> [TASK ITEM] Search the material below for the word "Lifecycle". Copy every line where it is found.

> [RECORD EXTRACTS]
::::::::

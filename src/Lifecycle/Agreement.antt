-- ===== src/Lifecycle/Agreement.antt =====
-- The clocks of the source: the accumulator on the row, in the service and on the pages, and the walk over
-- the history.
use iceberg_ttx.Prelude.{
  ℕ, ◌≤◌, false, List, [], ◌∷◌, Option, none, some, ◌≡◌, ◌≢◌, refl, ap, ◌∙◌, arith, inl, inr, ltb,
  min, Option-cases, Bool-cases, ◌==◌, ==→≡, if◌then◌else◌,
}
use iceberg_ttx.Prelude.Int.{ℤ, pos, ◌+ℤ◌, ◌-ℤ◌, ◌≤ℤ◌, int_laws}
use iceberg_ttx.Prelude.Sort.{sorted-of_IsSorted}
use iceberg_ttx.Models.Enums.{active, paused, completed, exercise_state_eq}
use iceberg_ttx.Models.Exercise.{Exercise, ExerciseStateTransition}
use iceberg_ttx.Lifecycle.Clock.{
  PauseScan, no_pause, scan_one, scan_since, by_time, or_now, open_pause, at_least_zero,
  active_elapsed_since, effective_elapsed_seconds, reference_time, exercise_elapsed_seconds,
}
use iceberg_ttx.Lifecycle.Timeline.{scan_all, Before, After, accounted_until, IsTimeline}

-- No transition of the exercise stands before its start, so the walk skips none.
scan_since-eq :
    (s : ℕ) (sc : PauseScan) (h : List ExerciseStateTransition)
    → After s h
    → scan_since s sc h ≡ scan_all sc h
unfolding scan_since scan_all
scan_since-eq s sc [] a = refl
scan_since-eq s sc (t ∷ h) a =
    let no_skip : ltb t.transitioned_at s ≡ false = ground arith in
    rw no_skip (scan_since-eq s (scan_one sc t) h a.1)

-- A span that is not negative is what the maximum with zero keeps.
at_least_zero-eq : (c : ℤ) → pos 0 ≤ℤ c → at_least_zero c ≡ c
at_least_zero-eq c le = ground arith

-- With the pauses counted up to the end, the clock shows `r`.
span-eq :
    (s r end : ℕ) (acc pauses : ℤ)
    → pauses ≡ acc +ℤ (pos end -ℤ pos r)
    → acc +ℤ pos s ≤ℤ pos r
    → at_least_zero (pos end -ℤ pos s -ℤ pauses) ≡ pos r -ℤ pos s -ℤ acc
span-eq s r end acc pauses q le =
    let inner : pos end -ℤ pos s -ℤ pauses ≡ pos r -ℤ pos s -ℤ acc = rw q (omega int_laws) in
    rw inner (at_least_zero-eq (pos r -ℤ pos s -ℤ acc) (omega int_laws))

open_pause-eq : (o : Option ℕ) (end : ℕ) → open_pause o end ≡ pos end -ℤ pos (or_now o end)
open_pause-eq none end = omega int_laws
open_pause-eq (some p) end = refl

min_self : (n : ℕ) → min n n ≡ n
min_self n = omega arith

min_first : (n m : ℕ) → n ≤ m → min n m ≡ n
min_first n m le = omega arith

-- The pause that a completion left in `paused_at`.
abbrev pub kept_pause : Exercise → ℤ
kept_pause e = if e.state == completed then open_pause e.paused_at (or_now e.ended_at 0) else pos 0

module _ (e : Exercise) (h : List ExerciseStateTransition) (s now : ℕ) (line : IsTimeline e h)
    (started : e.started_at ≡ some s) (later : Before now h) where
  abbrev scan : PauseScan
  scan = scan_all no_pause h

  abbrev end : ℕ
  end = min (or_now e.ended_at now) now

  -- What the history counts as paused up to the end.
  pauses-on :
      e.state ≢ completed
      → scan.paused_seconds +ℤ open_pause scan.pause_started end
        ≡ e.accumulated_pause_seconds +ℤ (pos end -ℤ pos (accounted_until e now))
  pauses-on on =
      let running : e.ended_at ≡ none = ground (arith, line.ended) in
      rw (← line.closed on, ← line.still_open on, running, min_self now)
        (ap (λ x. e.accumulated_pause_seconds +ℤ x) (open_pause-eq e.paused_at now))

  pauses-over :
      (x : ℕ)
      → e.state ≡ completed
      → e.ended_at ≡ some x
      → scan.paused_seconds +ℤ open_pause scan.pause_started end
        ≡ e.accumulated_pause_seconds +ℤ (pos end -ℤ pos (accounted_until e now))
  pauses-over x over stop =
      let counted = rw stop at (line.total over) in
      rw
        (
          line.settled over,
          counted,
          stop,
          min_first x now (line.ended_last x now stop later),
          open_pause-eq e.paused_at x,
        )
        (omega int_laws)

  pauses-eq :
      scan.paused_seconds +ℤ open_pause scan.pause_started end
      ≡ e.accumulated_pause_seconds +ℤ (pos end -ℤ pos (accounted_until e now))
  pauses-eq = elim (Option-cases e.ended_at) [
    | inl running ↦ pauses-on (λ over. ground (arith, line.ended))
    | inr (x, stop) ↦ pauses-over x (ground (arith, line.ended)) stop
  ]

  walk-eq :
      active_elapsed_since e s h now
      ≡ pos (accounted_until e now) -ℤ pos s -ℤ e.accumulated_pause_seconds
  unfolding active_elapsed_since
  walk-eq =
      rw
        (
          sorted-of_IsSorted by_time h line.ordered,
          scan_since-eq s no_pause h (line.since s started),
        )
        (span-eq s (accounted_until e now) end e.accumulated_pause_seconds _ pauses-eq
          (line.fits s now started later))

  reference-over :
      e.state ≡ completed
      → (pos (reference_time e now) ≡ pos (accounted_until e now) +ℤ kept_pause e)
        × (pos 0 ≤ℤ kept_pause e)
  reference-over over = elim (Option-cases e.ended_at) [
    | inl running ↦ absurd (ground (arith, line.ended))
    | inr (x, stop) ↦ elim (Option-cases e.paused_at) [
      | inl unpaused ↦ rw (over, stop, unpaused) (omega int_laws, omega int_laws)
      | inr (p, kept) ↦
          let before = line.pause_ended p x kept stop in
          rw (over, stop, kept) (omega int_laws, omega (int_laws, before))
    ]
  ]

  reference-on :
      e.state ≢ completed
      → (pos (reference_time e now) ≡ pos (accounted_until e now) +ℤ kept_pause e)
        × (pos 0 ≤ℤ kept_pause e)
  reference-on on =
      let running : e.ended_at ≡ none = ground (arith, line.ended) in
      let f : (e.state == completed) ≡ false = ground arith in
      elim (Bool-cases (e.state == paused)) [
        | inl held ↦ rw (held, f, running) (omega int_laws, omega int_laws)
        | inr up ↦
            let unpaused : e.paused_at ≡ none = ground (arith, line.while_paused on) in
            rw (up, f, running, unpaused) (omega int_laws, omega int_laws)
      ]

  reference-eq :
      (pos (reference_time e now) ≡ pos (accounted_until e now) +ℤ kept_pause e)
      × (pos 0 ≤ℤ kept_pause e)
  reference-eq = elim (Bool-cases (e.state == completed)) [
    | inl over ↦ reference-over (==→≡ e.state completed over)
    | inr on ↦ reference-on (λ over. ground arith)
  ]

  -- For a started exercise whose times fit its history, at a time not before that history, the
  -- clock that the pages show is the walk over the history since the start, plus, on a completed
  -- row, the pause up to the end that `paused_at` still keeps, if it keeps one.
  pub clocks_agree :
      exercise_elapsed_seconds e now ≡ some (active_elapsed_since e s h now +ℤ kept_pause e)
  unfolding exercise_elapsed_seconds active_elapsed_since
  clocks_agree =
      let fits = line.fits s now started later in
      let (same, positive) = reference-eq in
      let inner : pos (reference_time e now) -ℤ pos s -ℤ e.accumulated_pause_seconds
          ≡ active_elapsed_since e s h now +ℤ kept_pause e =
        rw (same, walk-eq) (omega int_laws) in
      rw started (
        ap some (
          at_least_zero-eq (pos (reference_time e now) -ℤ pos s -ℤ e.accumulated_pause_seconds)
            (rw same (omega (int_laws, fits, positive)))
          ∙ inner))

  -- For an active exercise whose times fit its history, at a time not before that history, the
  -- walk over the history since the start gives the elapsed seconds that the accumulator gives.
  pub running_time :
      e.state ≡ active → active_elapsed_since e s h now ≡ effective_elapsed_seconds e now
  unfolding effective_elapsed_seconds
  running_time up =
      let on : e.state ≢ completed = λ over. ground arith in
      let running : e.ended_at ≡ none = ground (arith, line.ended) in
      let unpaused : e.paused_at ≡ none = ground (arith, line.while_paused on) in
      walk-eq ∙ rw (started, running, unpaused)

::::::::

> [RESPONSE BOX]
filename src/Lifecycle/Agreement.antt
-- ===== src/Lifecycle/Agreement.antt =====
use iceberg_ttx.Lifecycle.Clock.{
use iceberg_ttx.Lifecycle.Timeline.{scan_all, Before, After, accounted_until, IsTimeline}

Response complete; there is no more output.